A categorical “finite object” is one that has only finitely many morphisms into any directed colimit. The paper shows that in C not every set‑theoretically finite Chu space is finite in the categorical sense, because the surjectivity condition on g can be violated by embeddings into larger objects. Conversely, in Ext and Biext the categorical notion of finiteness coincides with set‑theoretic finiteness: any Chu space with finite A and X is a finite object, and any finite object must have finite underlying sets.

Bifinite Chu spaces.
Using the monics of the generic category C, the authors define a subcategory of “bifinite” Chu spaces: objects that can be expressed as colimits of ω‑chains of finite Chu spaces (with monic bonding maps). This mirrors the classical notion of bifinite domains in domain theory, but now situated in the Chu setting. Within this subcategory they prove the existence of a universal homogeneous Chu space U. U contains an isomorphic copy of every finite Chu space, and any isomorphism between finite sub‑Chu spaces of U extends to an automorphism of U. The construction follows a Fraïssé‑type amalgamation argument adapted to Chu morphisms. The existence of U provides a canonical “generic” model for the theory of finite Chu spaces and opens the door to constructive models of linear logic, where Chu spaces serve as semantics for the multiplicative‑additive fragment.

Unexpected findings and implications.

1. The monic characterization differs sharply between the generic and the extensional variants, highlighting the subtle role of extensionality in preserving information without requiring surjectivity on observations.
2. Colimits of finite chains are not generally available in C, but they are guaranteed in Ext, making Ext the natural setting for recursive constructions of Chu spaces.
3. The divergence between set‑theoretic finiteness and categorical finiteness in C underscores that categorical size notions can be more delicate than naïve cardinality arguments.
4. The universal homogeneous bifinite Chu space furnishes a concrete, highly symmetric object that can serve as a “prime model” for various logical theories interpreted in Chu semantics.

Future directions.
The authors suggest several avenues: (i) extending the bifinite framework to recursive definitions of infinite Chu spaces, (ii) exploring constructive (intuitionistic) versions of the universal homogeneous space, (iii) applying these results to session‑type systems and linear‑logic programming languages, and (iv) investigating connections with other categorical models of linear logic such as *-autonomous categories and game semantics.

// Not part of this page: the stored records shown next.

-- ===== src/ResPool/Release/Teardown.antt =====
-- What a caller of `res_release_all` may rely on.
use modvm.Prelude.{
  ℕ, zero, suc, ◌≤◌, ◌≡◌, refl, ◌≢◌, true, false, List, [], ◌∷◌, Option, some, arith, All, inl, inr,
  length, length-append, ap, subst, sym, ◌∙◌, Bool-cases, ◌==◌,
}
use mathlib.Core.List.{Sublistᴰ}
use modvm.ResPool.{ResNode, ResPool, Call, cancels, calls, call_action, release_loop, release_all}
use modvm.ResPool.Ownership.{IsValid}
use modvm.ResPool.Release.{
  obligations, obligations-append_last, split_last-cases, length-zero, All-append_inv,
}
use modvm.ResPool.Release.Loop.{
  call-same, release_loop-step, release_loop-last, release_loop-spent, release_loop-Released,
}

release_all-result :
    (body : ℕ → ℕ → List Call) (p q : ResPool) (run : List (ℕ × ℕ))
    → p.releasing ≡ false
    → release_loop body (length p.resources) (record p { releasing = true }) ≡ some (q, run)
    → release_all body p ≡ some (record q { releasing = false }, run)
unfolding release_all
release_all-result body p q run idle e = ground arith

-- Releasing a valid pool comes to an end with the pool empty and usable again, whatever pool
-- operations the callbacks make on it, and each action that was run was owed by a node of its own:
-- the run is a subsequence of the obligations, last acquired first.
pub release_all-empties :
    (body : ℕ → ℕ → List Call) (p : ResPool)
    → IsValid p
    → p.releasing ≡ false
    → (q : ResPool) × (run : List (ℕ × ℕ)) × (release_all body p ≡ some (q, run))
      × (q.resources ≡ [])
      × (q.releasing ≡ false)
      × Sublistᴰ run (obligations p.resources)
release_all-empties body p v idle =
    let busy : ResPool = record p { releasing = true } in
    let r = release_loop-Released body (length p.resources) busy refl (omega arith) v.owner in
    (
      record r.state { releasing = false },
      r.run,
      release_all-result body p r.state r.run idle r.result,
      r.empty,
      refl,
      r.order,
    )

-- The callback makes no cancel.
abbrev pub Keeps : List Call → Type 0
Keeps = All (λ c. (fn arg : ℕ) → c ≢ cancels fn arg)

calls-same : (cs : List Call) (p : ResPool) → p.releasing ≡ true → Keeps cs → calls cs p ≡ p
unfolding calls
calls-same [] p h k = refl
calls-same (c ∷ cs) p h k = rw (call-same c p h k.0) (calls-same cs p h k.1)

nothing_owed :
    (p : ResPool)
    → p.resources ≡ []
    → ◌≡◌ {A = Option (ResPool × List (ℕ × ℕ))}
        (some (p, []))
        (some (record p { resources = [] }, obligations p.resources))
unfolding obligations
nothing_owed p e = ground arith

module _ (body : ℕ → ℕ → List Call) (keeps : (fn arg : ℕ) → Keeps (body fn arg)) where
  call_action-same : (n : ResNode) (p : ResPool) → p.releasing ≡ true → call_action body n p ≡ p
  unfolding call_action
  call_action-same n p h = elim (Bool-cases (n.action == 0)) [
    | inl e ↦ rw e
    | inr e ↦ rw e (calls-same (body n.action n.action_data) p h (keeps n.action n.action_data))
  ]

  release_loop_all :
      (fuel : ℕ) (p : ResPool)
      → p.releasing ≡ true
      → length p.resources ≤ fuel
      → All (λ n. n.pool ≡ p.self) p.resources
      → release_loop body fuel p ≡ some (record p { resources = [] }, obligations p.resources)
  release_loop_all zero p busy enough owner =
      let e = length-zero p.resources enough in release_loop-spent body p e ∙ nothing_owed p e
  release_loop_all (suc fuel) p busy enough owner = elim (split_last-cases p.resources) [
    | inl (e, l) ↦ release_loop-last body fuel p l ∙ nothing_owed p e
    | inr (init, n, e, l) ↦
        let own =
          All-append_inv p.self init (n ∷ []) (subst (All (λ n. n.pool ≡ p.self)) e owner) in
        let short : length init ≤ fuel = omega (arith, ap length e, length-append init (n ∷ [])) in
        let ih = release_loop_all fuel (record p { resources = init }) busy short own.0 in
        release_loop-step body fuel p _ init n (obligations init) l own.1.0 (
          ap (release_loop body fuel) (call_action-same n (record p { resources = init }) busy)
          ∙ ih)
        ∙ ap (λ o. some (record p { resources = [] }, o))
            (sym (ap obligations e ∙ obligations-append_last init n))
  ]

  -- If no callback cancels an obligation, releasing a valid pool runs every obligation exactly
  -- once, last acquired first, whatever else the callbacks attempt on the pool.
  pub release_all-order :
      (p : ResPool)
      → IsValid p
      → p.releasing ≡ false
      → release_all body p ≡ some (record p { resources = [] }, obligations p.resources)
  release_all-order p v idle =
      release_all-result body p _ _ idle (
        release_loop_all (length p.resources) (record p { releasing = true }) refl (omega arith)
          v.owner)
      ∙ ap (λ b. some (record p { resources = []; releasing = b }, obligations p.resources))
          (sym idle)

In summary, the paper delivers a thorough categorical analysis of finite Chu spaces, clarifies the exact nature of monomorphisms across different Chu categories, establishes the existence (or failure) of colimits for finite chains, and introduces bifinite Chu spaces together with a universal homogeneous object. These contributions deepen our understanding of Chu semantics, provide new tools for domain‑theoretic constructions, and lay groundwork for constructive models of linear logic.